Operator Optimization¶

xLLM implements specific optimizations for key operators in LLMs on domestic hardware chips, including GroupMatmul, Chunked Prefill, and others.

xTensor Memory Management¶

The xTensor memory management framework employs a method of pre-allocated physical memory page pools + contiguous virtual address mapping. It achieves efficient dynamic memory management through dynamic on-demand mapping of physical pages, reuse of reusable memory pages (Reusable), and optimized scheduling with asynchronous pre-mapping. Combined with NPU operator adaptation (such as virtual address FlashMLA), it results in improved memory utilization and reduced latency.

Algorithm-Driven Layer¶

PD Separation¶

xLLM fully supports PD separation scenarios, enabling efficient management of PD instances, communication between PD instances, and KV cache transfer.

Global Scheduling¶

xLLM provides intelligent, full-lifecycle resource scheduling management for requests and instances.

Instance Scheduling¶

We have implemented various instance scheduling strategies to select how to assign instances to more suitable ones. These include a simple Round Robin strategy, a prefix cache-aware strategy based on the prefix cache hit rate of requests on each instance, and a KV cache-aware strategy based on the free memory level of instances. Furthermore, for PD separation scenarios, where static PD ratios often struggle with traffic fluctuations and sudden changes in request input/output lengths, we implemented an adaptive PD dynamic scheduler responsible for global instance allocation for online requests and runtime PD dynamic adjustment.

Request Scheduling¶

We have implemented various request scheduling strategies supporting continuous batching, including chunked prefill, prefill priority, decode priority, and other batch strategies, all while fully supporting PD separation scenarios.
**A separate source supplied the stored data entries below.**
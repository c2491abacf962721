-- ===== src/Members.antt =====
-- server/gateway/src/server/channels/state/distributed.rs: the members of one channel over all gateways,
-- which Redis keeps in one hash. A field of the hash is the id of a client or `last_seen:` and an id; the
-- two kinds are two maps here. Each gateway that has the channel has a room with its own
-- `LocallyPresent`. A call of `join` or `leave` gives Redis two commands one after the other; the commands
-- of different calls come in any order, and what Redis makes of each is an input.
pub mod Ledger
pub mod Announced
pub mod Fields
mod Examples
use voices.Common.{
  ℕ, Bool, true, false, Option, none, some, List, [], ◌∷◌, ◌++◌, Map, lookup, insert, remove,
  values,
}
use voices.Presence.{ClientInfo, LocallyPresent, empty}
use voices.Presence

-- The hash of the channel.
pub record Hash : Type 0 where
  pub members : Map ClientInfo
  pub last_seen : Map ℕ

-- What a call gives to Redis next.
pub data Command : Type 0 where
  write_member : ClientInfo → Command
  publish_joined : ClientInfo → Command
  publish_left : ClientInfo → Command
  delete_member : ClientInfo → Command

-- `calls` has the calls that wait for Redis.
pub record Shared : Type 0 where
  pub hash : Hash
  pub rooms : Map LocallyPresent
  pub calls : Map Command

-- A command takes effect and is answered, or has no effect, or takes effect and the answer is lost. The
-- caller sees an error in the last two cases.
pub data Outcome : Type 0 where
  answered : Outcome
  refused : Outcome
  unanswered : Outcome

pub data Effect : Type 0 where
  -- the field of a client is written, or deleted
  wrote : ClientInfo → Effect
  deleted : ClientInfo → Effect
  -- an event is published
  joined : ClientInfo → Effect
  left : ClientInfo → Effect
  -- a call ends with an error of Redis, or a join as the local channel was closed
  failed : ℕ → Effect
  rejected : ℕ → Effect
  -- the channel is removed from the table of a gateway
  closed : ℕ → Effect

-- `hset_multiple` of `join`
unfoldable pub enter : ℕ → ClientInfo → Hash → Hash
enter now c h = record {
  members = insert c.client_id c h.members;
  last_seen = insert c.client_id now h.last_seen;
}

-- `refresh_member`
unfoldable pub refresh_member : ℕ → ℕ → Hash → Hash
refresh_member now client_id h = record h { last_seen = insert client_id now h.last_seen }

-- `hdel` of `leave`: the other field stays.
unfoldable pub forget_member : ℕ → Hash → Hash
forget_member client_id h = record h { members = remove client_id h.members }

-- `list_members`: the fields that do not start with `last_seen`.
unfoldable pub list_members : Hash → List ClientInfo
list_members h = values h.members

abbrev pub join_local : ℕ → ℕ → ClientInfo → Shared → Bool × LocallyPresent → Shared × List Effect
join_local call room c s (false, p) = (s, rejected call ∷ [])
join_local call room c s (true, p) =
    (record s { rooms = insert room p s.rooms; calls = insert call (write_member c) s.calls }, [])

abbrev pub join_in : ℕ → ℕ → ClientInfo → Shared → Option LocallyPresent → Shared × List Effect
join_in call room c s none = (s, rejected call ∷ [])
join_in call room c s (some p) = join_local call room c s (Presence.join c p)

-- `join`, up to its first command.
unfoldable pub join : ℕ → ℕ → ClientInfo → Shared → Shared × List Effect
unfolding Presence.join
join call room c s = join_in call room c s (lookup room s.rooms)

abbrev pub closed_if : Bool → ℕ → List Effect
closed_if true room = closed room ∷ []
closed_if false room = []

abbrev pub leave_hash : ℕ → ClientInfo → Shared → Shared
leave_hash call c s = record s { calls = insert call (publish_left c) s.calls }

abbrev pub leave_in : ℕ → ℕ → ClientInfo → Shared → Option LocallyPresent → Shared × List Effect
leave_in call room c s none = (leave_hash call c s, [])
leave_in call room c s (some p) =
    let (last, p') = Presence.leave c.client_id p in
    (leave_hash call c (record s { rooms = insert room p' s.rooms }), closed_if last room)

-- `leave`, up to its first command.
unfoldable pub leave : ℕ → ℕ → ClientInfo → Shared → Shared × List Effect
unfolding Presence.leave
leave call room c s = leave_in call room c s (lookup room s.rooms)

-- What a command does.
unfoldable pub apply : ℕ → Command → Hash → Hash
unfolding enter forget_member
apply now (write_member c) h = enter now c h
apply now (publish_joined c) h = h
apply now (publish_left c) h = h
apply now (delete_member c) h = forget_member c.client_id h

unfoldable pub told : Command → Effect
told (write_member c) = wrote c
told (publish_joined c) = joined c
told (publish_left c) = left c
told (delete_member c) = deleted c

-- The rest of the call after a command that was answered: the field is written before the join is
-- published, and the leave is published before the field is deleted.
unfoldable pub proceed : ℕ → Command → Map Command → Map Command
proceed call (write_member c) calls = insert call (publish_joined c) calls
proceed call (publish_joined c) calls = remove call calls
proceed call (publish_left c) calls = insert call (delete_member c) calls
proceed call (delete_member c) calls = remove call calls

unfoldable pub settle : ℕ → ℕ → Command → Outcome → Shared → Shared × List Effect
unfolding apply told proceed
settle call now x answered s =
    (record s { hash = apply now x s.hash; calls = proceed call x s.calls }, told x ∷ [])
settle call now x refused s = (record s { calls = remove call s.calls }, failed call ∷ [])
settle call now x unanswered s =
    (record s { hash = apply now x s.hash; calls = remove call s.calls }, told x ∷ failed call ∷ [])

abbrev pub proceed_with : ℕ → ℕ → Outcome → Shared → Option Command → Shared × List Effect
proceed_with call now r s none = (s, [])
proceed_with call now r s (some x) = settle call now x r s

-- A gateway opens a room, a client joins in it, the task of a handle refreshes its member, or lets it
-- leave as the handle is dropped, or the next command of a call is done.
pub data Step : Type 0 where
  open_room : ℕ → Step
  joins : ℕ → ℕ → ClientInfo → Step
  refreshes : ℕ → ℕ → Bool → Step
  leaves : ℕ → ℕ → ClientInfo → Step
  proceeds : ℕ → ℕ → Outcome → Step

unfoldable pub step : Shared → Step → Shared × List Effect
unfolding join leave refresh_member settle
step s (open_room room) = (record s { rooms = insert room empty s.rooms }, [])
step s (joins call room c) = join call room c s
step s (refreshes now id true) = (record s { hash = refresh_member now id s.hash }, [])
step s (refreshes now id false) = (s, [])
step s (leaves call room c) = leave call room c s
step s (proceeds call now r) = proceed_with call now r s (lookup call s.calls)

abbrev pub prepend : List Effect → Shared × List Effect → Shared × List Effect
prepend out (s, outs) = (s, out ++ outs)

unfoldable pub run : Shared → List Step → Shared × List Effect
run s [] = (s, [])
run s (x ∷ xs) = let (s', out) = step s x in prepend out (run s' xs)

-- Before anyone joined.
abbrev pub nobody : Shared
nobody = record { hash = record { members = []; last_seen = [] }; rooms = []; calls = [] }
Global KV Cache Management¶

Utilizes ETCD as a metadata service middleware at the global level for cluster service registration, load information synchronization, and global cache state management. Each compute instance maintains a local multi-level cache pool. Regarding scheduling strategy, the system adopts a dynamic decision-making mechanism based on KV cache: it first performs prefix matching detection, calculates the KV cache reuse rate of candidate nodes, and finally selects the node with the optimal comprehensive performance for processing, achieving dynamic offloading and migration of KV cache.

Speculative Inference¶

xLLM incorporates an optimized speculative inference algorithm that generates multiple tokens at once to boost throughput. xLLM reduces communication costs by下沉 (sinking) the speculative module and optimizes speculative inference computation through methods like overlapping scheduling and computation timelines and reducing operator data movement in speculative scenarios.

MoE Load Balancing¶

xLLM implements expert weight updates based on historical expert load statistics for MoE models. During inference, it achieves effective dynamic load balancing through efficient expert load statistics and double-buffered, seamless expert weight updates.

Multimodal Support¶

xLLM provides comprehensive support for various multimodal models, including Qwen2-VL and MiniCPMV.